Segment Start: RECORDS SUPPLIED
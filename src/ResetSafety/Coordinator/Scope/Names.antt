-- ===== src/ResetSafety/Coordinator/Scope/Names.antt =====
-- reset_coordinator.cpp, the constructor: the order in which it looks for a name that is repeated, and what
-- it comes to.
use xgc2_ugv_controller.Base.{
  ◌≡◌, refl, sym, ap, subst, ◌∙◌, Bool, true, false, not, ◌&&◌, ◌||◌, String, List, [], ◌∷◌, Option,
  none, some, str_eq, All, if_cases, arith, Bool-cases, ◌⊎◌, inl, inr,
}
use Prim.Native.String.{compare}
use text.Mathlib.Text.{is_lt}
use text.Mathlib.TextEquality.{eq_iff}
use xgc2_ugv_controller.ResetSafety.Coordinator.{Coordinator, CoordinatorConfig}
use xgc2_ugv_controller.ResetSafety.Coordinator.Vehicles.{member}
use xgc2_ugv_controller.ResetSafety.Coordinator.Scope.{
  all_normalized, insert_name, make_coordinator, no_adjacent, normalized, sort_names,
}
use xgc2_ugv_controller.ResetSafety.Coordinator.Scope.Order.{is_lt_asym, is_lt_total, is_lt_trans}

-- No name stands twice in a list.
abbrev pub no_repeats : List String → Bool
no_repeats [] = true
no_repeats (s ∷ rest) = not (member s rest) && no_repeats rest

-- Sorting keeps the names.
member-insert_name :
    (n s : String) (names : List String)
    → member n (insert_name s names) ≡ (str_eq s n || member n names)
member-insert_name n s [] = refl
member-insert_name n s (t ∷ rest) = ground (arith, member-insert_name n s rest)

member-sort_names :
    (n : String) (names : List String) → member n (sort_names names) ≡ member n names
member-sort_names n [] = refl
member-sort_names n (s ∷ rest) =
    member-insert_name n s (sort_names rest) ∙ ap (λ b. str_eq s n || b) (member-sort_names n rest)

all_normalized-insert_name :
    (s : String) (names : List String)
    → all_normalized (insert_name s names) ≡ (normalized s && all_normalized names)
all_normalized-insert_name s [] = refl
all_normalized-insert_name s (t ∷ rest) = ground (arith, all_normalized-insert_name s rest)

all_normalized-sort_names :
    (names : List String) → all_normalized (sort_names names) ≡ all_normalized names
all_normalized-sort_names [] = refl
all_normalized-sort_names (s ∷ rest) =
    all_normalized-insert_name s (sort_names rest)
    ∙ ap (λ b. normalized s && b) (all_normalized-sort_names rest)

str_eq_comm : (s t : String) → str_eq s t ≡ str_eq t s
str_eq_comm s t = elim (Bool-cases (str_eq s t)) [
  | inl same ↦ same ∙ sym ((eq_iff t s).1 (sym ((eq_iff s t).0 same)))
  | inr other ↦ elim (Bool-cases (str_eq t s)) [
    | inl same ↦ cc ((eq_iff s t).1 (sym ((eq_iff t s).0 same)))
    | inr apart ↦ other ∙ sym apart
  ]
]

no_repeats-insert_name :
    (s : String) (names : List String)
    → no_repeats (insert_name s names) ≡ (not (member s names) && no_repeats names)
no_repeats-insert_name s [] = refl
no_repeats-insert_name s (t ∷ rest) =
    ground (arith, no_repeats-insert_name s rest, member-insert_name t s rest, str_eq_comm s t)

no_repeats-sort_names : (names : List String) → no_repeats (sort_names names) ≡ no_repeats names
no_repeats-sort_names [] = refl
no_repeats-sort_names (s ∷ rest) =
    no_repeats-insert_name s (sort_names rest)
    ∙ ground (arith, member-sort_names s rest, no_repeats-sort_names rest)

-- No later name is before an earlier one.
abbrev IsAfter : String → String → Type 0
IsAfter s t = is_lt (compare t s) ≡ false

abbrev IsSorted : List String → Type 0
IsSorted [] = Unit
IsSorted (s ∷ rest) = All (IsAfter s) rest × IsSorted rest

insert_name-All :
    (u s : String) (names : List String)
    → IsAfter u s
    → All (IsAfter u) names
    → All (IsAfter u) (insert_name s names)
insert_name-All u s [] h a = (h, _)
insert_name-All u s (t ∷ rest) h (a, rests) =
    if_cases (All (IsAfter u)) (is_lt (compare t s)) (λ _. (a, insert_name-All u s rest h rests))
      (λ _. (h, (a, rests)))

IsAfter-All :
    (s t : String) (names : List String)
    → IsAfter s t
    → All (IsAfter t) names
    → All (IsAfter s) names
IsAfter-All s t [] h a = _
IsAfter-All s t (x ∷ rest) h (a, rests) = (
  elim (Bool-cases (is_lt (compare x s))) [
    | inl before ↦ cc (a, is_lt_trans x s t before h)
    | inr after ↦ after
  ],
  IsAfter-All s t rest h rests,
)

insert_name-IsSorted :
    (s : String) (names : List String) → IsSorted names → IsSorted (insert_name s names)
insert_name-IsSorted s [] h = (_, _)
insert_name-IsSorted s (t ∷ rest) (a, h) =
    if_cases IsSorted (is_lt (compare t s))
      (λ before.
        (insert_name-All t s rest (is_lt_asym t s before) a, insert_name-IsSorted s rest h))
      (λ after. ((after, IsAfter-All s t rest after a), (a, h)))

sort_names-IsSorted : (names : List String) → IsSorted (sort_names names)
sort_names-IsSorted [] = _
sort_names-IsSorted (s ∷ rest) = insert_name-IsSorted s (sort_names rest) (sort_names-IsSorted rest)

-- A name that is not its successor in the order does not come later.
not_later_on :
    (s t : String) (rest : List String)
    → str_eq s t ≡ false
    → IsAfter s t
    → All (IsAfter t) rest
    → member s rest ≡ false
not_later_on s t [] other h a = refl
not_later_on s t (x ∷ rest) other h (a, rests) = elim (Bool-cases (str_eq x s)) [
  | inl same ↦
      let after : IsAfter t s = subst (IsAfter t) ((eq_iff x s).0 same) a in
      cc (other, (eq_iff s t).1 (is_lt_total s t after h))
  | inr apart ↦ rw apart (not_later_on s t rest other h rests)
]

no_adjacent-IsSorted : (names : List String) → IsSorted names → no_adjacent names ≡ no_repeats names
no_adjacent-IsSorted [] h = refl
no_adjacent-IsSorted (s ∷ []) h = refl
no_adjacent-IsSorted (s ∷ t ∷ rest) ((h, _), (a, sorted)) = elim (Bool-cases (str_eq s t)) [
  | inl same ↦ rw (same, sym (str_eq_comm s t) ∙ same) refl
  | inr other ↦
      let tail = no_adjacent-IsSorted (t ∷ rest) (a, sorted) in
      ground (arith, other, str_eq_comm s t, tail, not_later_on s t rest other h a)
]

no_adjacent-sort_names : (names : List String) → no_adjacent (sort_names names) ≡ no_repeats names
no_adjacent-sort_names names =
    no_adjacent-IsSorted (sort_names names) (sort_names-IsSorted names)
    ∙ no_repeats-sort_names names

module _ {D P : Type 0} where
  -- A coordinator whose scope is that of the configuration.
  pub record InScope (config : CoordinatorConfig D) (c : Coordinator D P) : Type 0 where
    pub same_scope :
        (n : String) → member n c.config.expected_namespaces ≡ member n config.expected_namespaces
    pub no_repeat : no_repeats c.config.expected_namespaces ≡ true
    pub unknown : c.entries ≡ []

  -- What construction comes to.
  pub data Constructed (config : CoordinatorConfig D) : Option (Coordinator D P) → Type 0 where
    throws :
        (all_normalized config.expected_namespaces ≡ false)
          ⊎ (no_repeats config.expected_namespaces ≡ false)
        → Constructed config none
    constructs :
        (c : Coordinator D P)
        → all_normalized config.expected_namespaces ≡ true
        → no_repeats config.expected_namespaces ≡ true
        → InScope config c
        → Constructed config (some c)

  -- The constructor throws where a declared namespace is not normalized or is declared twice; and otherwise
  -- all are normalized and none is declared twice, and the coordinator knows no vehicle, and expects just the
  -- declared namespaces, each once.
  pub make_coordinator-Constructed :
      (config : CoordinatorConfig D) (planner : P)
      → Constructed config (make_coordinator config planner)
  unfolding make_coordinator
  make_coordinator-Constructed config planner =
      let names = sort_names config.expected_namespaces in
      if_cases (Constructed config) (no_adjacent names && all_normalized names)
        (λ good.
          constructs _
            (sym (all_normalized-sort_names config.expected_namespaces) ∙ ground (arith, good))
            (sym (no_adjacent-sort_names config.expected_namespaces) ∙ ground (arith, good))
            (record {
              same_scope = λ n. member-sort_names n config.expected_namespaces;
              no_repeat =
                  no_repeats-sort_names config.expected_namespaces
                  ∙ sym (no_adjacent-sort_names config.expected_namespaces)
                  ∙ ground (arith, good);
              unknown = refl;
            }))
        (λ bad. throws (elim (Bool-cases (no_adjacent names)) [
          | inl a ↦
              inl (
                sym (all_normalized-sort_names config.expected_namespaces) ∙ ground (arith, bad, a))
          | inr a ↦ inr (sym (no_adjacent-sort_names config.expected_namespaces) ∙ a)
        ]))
Segment End: RECORDS SUPPLIED
> _ASSIGNMENT_
Of the lines above, retype only those from the line containing "(n : String) (names" through the line containing "abbrev IsAfter : String → String → Type 0", including both, exactly.

> _ANSWER TO THIS EXERCISE_
    (n : String) (names : List String) → member n (sort_names names) ≡ member n names
member-sort_names n [] = refl
member-sort_names n (s ∷ rest) =
    member-insert_name n s (sort_names rest) ∙ ap (λ b. str_eq s n || b) (member-sort_names n rest)

all_normalized-insert_name :
    (s : String) (names : List String)
    → all_normalized (insert_name s names) ≡ (normalized s && all_normalized names)
all_normalized-insert_name s [] = refl
all_normalized-insert_name s (t ∷ rest) = ground (arith, all_normalized-insert_name s rest)

all_normalized-sort_names :
    (names : List String) → all_normalized (sort_names names) ≡ all_normalized names
all_normalized-sort_names [] = refl
all_normalized-sort_names (s ∷ rest) =
    all_normalized-insert_name s (sort_names rest)
    ∙ ap (λ b. normalized s && b) (all_normalized-sort_names rest)

str_eq_comm : (s t : String) → str_eq s t ≡ str_eq t s
str_eq_comm s t = elim (Bool-cases (str_eq s t)) [
  | inl same ↦ same ∙ sym ((eq_iff t s).1 (sym ((eq_iff s t).0 same)))
  | inr other ↦ elim (Bool-cases (str_eq t s)) [
    | inl same ↦ cc ((eq_iff s t).1 (sym ((eq_iff t s).0 same)))
    | inr apart ↦ other ∙ sym apart
  ]
]

no_repeats-insert_name :
    (s : String) (names : List String)
    → no_repeats (insert_name s names) ≡ (not (member s names) && no_repeats names)
no_repeats-insert_name s [] = refl
no_repeats-insert_name s (t ∷ rest) =
    ground (arith, no_repeats-insert_name s rest, member-insert_name t s rest, str_eq_comm s t)

no_repeats-sort_names : (names : List String) → no_repeats (sort_names names) ≡ no_repeats names
no_repeats-sort_names [] = refl
no_repeats-sort_names (s ∷ rest) =
    no_repeats-insert_name s (sort_names rest)
    ∙ ground (arith, member-sort_names s rest, no_repeats-sort_names rest)

-- No later name is before an earlier one.
abbrev IsAfter : String → String → Type 0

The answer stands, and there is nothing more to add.